START Available data

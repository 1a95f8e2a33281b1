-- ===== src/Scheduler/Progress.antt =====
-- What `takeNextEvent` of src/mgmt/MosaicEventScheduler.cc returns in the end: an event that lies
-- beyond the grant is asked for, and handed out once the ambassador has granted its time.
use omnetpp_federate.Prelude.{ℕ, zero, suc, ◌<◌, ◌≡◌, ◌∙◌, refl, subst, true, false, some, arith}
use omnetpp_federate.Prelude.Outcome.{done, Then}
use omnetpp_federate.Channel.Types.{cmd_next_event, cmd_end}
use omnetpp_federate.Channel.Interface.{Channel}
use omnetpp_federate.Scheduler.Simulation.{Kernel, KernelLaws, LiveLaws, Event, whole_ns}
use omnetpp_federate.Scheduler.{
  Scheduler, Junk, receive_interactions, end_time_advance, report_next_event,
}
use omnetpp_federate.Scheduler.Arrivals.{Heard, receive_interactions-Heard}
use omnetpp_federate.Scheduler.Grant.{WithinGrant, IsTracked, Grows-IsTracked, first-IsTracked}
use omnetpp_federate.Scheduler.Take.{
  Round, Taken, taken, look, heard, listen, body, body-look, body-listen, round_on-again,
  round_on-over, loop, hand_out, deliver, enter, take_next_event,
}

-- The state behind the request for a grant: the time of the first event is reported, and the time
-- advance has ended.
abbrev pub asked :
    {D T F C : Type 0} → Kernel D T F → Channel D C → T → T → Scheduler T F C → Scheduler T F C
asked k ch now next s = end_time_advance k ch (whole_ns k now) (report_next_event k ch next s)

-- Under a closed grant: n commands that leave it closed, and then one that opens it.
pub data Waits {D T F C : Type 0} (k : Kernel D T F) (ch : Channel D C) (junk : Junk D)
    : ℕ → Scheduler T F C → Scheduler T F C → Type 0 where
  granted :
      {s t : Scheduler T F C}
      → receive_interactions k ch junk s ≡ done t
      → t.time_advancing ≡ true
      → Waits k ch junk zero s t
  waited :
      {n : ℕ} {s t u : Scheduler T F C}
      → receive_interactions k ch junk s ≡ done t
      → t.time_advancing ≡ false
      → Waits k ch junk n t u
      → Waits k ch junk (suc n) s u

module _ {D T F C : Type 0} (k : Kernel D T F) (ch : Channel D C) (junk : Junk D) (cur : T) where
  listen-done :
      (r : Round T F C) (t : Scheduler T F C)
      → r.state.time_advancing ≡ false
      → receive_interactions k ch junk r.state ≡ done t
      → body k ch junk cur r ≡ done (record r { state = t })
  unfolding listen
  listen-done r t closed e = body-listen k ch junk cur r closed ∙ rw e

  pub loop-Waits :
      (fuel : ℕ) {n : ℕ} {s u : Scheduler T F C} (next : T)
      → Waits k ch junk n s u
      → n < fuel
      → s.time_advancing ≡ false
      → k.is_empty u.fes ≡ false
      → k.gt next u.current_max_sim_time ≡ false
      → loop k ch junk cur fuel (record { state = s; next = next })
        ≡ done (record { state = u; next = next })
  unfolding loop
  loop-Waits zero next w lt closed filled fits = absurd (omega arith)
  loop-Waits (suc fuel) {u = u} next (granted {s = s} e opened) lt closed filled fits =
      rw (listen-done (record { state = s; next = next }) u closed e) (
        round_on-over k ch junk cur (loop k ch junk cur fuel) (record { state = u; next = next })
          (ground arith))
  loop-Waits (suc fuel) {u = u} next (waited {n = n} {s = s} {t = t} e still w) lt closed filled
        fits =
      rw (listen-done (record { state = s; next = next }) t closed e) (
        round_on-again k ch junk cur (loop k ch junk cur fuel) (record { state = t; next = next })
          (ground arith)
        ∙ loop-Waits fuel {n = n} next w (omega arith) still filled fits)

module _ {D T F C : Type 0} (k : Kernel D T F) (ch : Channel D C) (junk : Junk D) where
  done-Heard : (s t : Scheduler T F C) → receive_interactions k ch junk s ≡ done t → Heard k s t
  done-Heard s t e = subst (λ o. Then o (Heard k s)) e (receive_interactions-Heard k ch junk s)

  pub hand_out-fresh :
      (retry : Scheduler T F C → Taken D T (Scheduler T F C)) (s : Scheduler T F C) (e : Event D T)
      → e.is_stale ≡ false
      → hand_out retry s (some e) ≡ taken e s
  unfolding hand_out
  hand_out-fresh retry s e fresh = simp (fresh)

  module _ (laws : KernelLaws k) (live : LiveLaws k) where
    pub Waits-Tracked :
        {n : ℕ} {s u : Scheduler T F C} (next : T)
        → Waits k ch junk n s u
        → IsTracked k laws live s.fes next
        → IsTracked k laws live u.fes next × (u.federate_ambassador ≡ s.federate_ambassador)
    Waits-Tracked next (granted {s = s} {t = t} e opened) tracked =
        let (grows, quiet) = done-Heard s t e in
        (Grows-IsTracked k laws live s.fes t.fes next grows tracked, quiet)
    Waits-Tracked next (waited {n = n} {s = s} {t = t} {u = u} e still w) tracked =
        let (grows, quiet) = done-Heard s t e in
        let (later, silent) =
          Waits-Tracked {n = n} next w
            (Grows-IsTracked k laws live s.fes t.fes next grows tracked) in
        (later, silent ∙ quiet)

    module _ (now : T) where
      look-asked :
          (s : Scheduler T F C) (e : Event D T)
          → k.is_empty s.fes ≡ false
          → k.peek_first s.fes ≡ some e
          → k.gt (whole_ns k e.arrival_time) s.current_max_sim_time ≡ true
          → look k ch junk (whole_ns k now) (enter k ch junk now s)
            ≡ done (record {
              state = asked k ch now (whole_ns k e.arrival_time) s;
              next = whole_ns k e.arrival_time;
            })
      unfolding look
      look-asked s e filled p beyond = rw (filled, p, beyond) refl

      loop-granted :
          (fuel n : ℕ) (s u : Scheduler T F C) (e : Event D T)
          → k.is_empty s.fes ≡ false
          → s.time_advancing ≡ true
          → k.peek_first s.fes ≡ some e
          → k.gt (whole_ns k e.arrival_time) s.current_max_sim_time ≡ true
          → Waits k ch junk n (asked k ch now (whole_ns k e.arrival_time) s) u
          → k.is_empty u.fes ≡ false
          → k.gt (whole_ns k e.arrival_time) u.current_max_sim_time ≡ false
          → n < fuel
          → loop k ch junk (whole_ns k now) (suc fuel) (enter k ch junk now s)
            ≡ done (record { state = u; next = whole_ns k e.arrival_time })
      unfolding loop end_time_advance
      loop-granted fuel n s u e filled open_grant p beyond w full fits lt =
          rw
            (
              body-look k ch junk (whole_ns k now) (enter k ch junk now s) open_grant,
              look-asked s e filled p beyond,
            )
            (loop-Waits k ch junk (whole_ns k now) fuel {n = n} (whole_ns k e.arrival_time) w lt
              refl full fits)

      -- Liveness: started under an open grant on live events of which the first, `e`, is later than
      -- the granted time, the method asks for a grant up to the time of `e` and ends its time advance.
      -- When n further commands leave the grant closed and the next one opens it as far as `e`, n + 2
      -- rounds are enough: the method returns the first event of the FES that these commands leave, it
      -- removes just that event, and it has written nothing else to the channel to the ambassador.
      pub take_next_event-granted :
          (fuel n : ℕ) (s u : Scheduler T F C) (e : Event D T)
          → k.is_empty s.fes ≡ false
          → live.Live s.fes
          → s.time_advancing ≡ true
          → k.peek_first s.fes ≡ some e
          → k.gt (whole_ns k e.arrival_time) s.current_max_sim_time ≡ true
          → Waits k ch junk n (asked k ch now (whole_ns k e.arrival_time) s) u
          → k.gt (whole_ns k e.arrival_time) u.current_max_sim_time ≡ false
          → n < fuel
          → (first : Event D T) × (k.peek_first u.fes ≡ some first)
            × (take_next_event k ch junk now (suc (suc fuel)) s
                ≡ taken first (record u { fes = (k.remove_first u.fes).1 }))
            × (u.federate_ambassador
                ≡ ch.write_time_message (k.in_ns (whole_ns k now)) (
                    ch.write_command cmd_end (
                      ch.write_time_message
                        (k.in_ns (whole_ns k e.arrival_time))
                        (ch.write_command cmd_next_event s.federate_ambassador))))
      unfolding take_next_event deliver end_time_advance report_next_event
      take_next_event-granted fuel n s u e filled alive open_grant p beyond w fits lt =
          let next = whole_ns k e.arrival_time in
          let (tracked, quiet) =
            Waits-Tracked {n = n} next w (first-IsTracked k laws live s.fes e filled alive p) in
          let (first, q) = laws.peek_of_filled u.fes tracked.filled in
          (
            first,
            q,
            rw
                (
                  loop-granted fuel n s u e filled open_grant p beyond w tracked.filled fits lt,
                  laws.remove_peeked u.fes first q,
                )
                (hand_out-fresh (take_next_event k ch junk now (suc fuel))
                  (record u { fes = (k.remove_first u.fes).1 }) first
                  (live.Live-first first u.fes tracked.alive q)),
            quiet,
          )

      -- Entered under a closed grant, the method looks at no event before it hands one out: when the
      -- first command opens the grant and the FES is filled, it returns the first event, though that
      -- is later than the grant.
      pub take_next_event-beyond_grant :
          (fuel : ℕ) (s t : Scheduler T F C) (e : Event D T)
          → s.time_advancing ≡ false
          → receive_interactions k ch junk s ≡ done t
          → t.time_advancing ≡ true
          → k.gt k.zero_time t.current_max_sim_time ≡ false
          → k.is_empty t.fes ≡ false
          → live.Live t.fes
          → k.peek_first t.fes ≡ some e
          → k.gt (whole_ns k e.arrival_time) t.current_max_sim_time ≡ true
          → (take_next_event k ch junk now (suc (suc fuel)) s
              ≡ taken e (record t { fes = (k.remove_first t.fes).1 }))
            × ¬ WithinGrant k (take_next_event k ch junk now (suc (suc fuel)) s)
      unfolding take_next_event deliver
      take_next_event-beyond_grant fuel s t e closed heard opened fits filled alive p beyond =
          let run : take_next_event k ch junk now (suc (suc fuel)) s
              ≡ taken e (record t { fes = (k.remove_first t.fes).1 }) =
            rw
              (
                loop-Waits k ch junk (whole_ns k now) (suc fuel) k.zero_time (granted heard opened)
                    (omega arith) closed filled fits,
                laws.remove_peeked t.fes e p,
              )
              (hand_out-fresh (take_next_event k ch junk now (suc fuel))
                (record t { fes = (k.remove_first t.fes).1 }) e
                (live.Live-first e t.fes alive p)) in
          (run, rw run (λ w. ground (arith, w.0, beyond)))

END Available data

• **Problem details**
Copy out every line of the material above that contains the string "asked".

• **Answer to the exercise**
-- beyond the grant is asked for, and handed out once the ambassador has granted its time.
abbrev pub asked :
asked k ch now next s = end_time_advance k ch (whole_ns k now) (report_next_event k ch next s)
      look-asked :
              state = asked k ch now (whole_ns k e.arrival_time) s;
      look-asked s e filled p beyond = rw (filled, p, beyond) refl
          → Waits k ch junk n (asked k ch now (whole_ns k e.arrival_time) s) u
              look-asked s e filled p beyond,
          → Waits k ch junk n (asked k ch now (whole_ns k e.arrival_time) s) u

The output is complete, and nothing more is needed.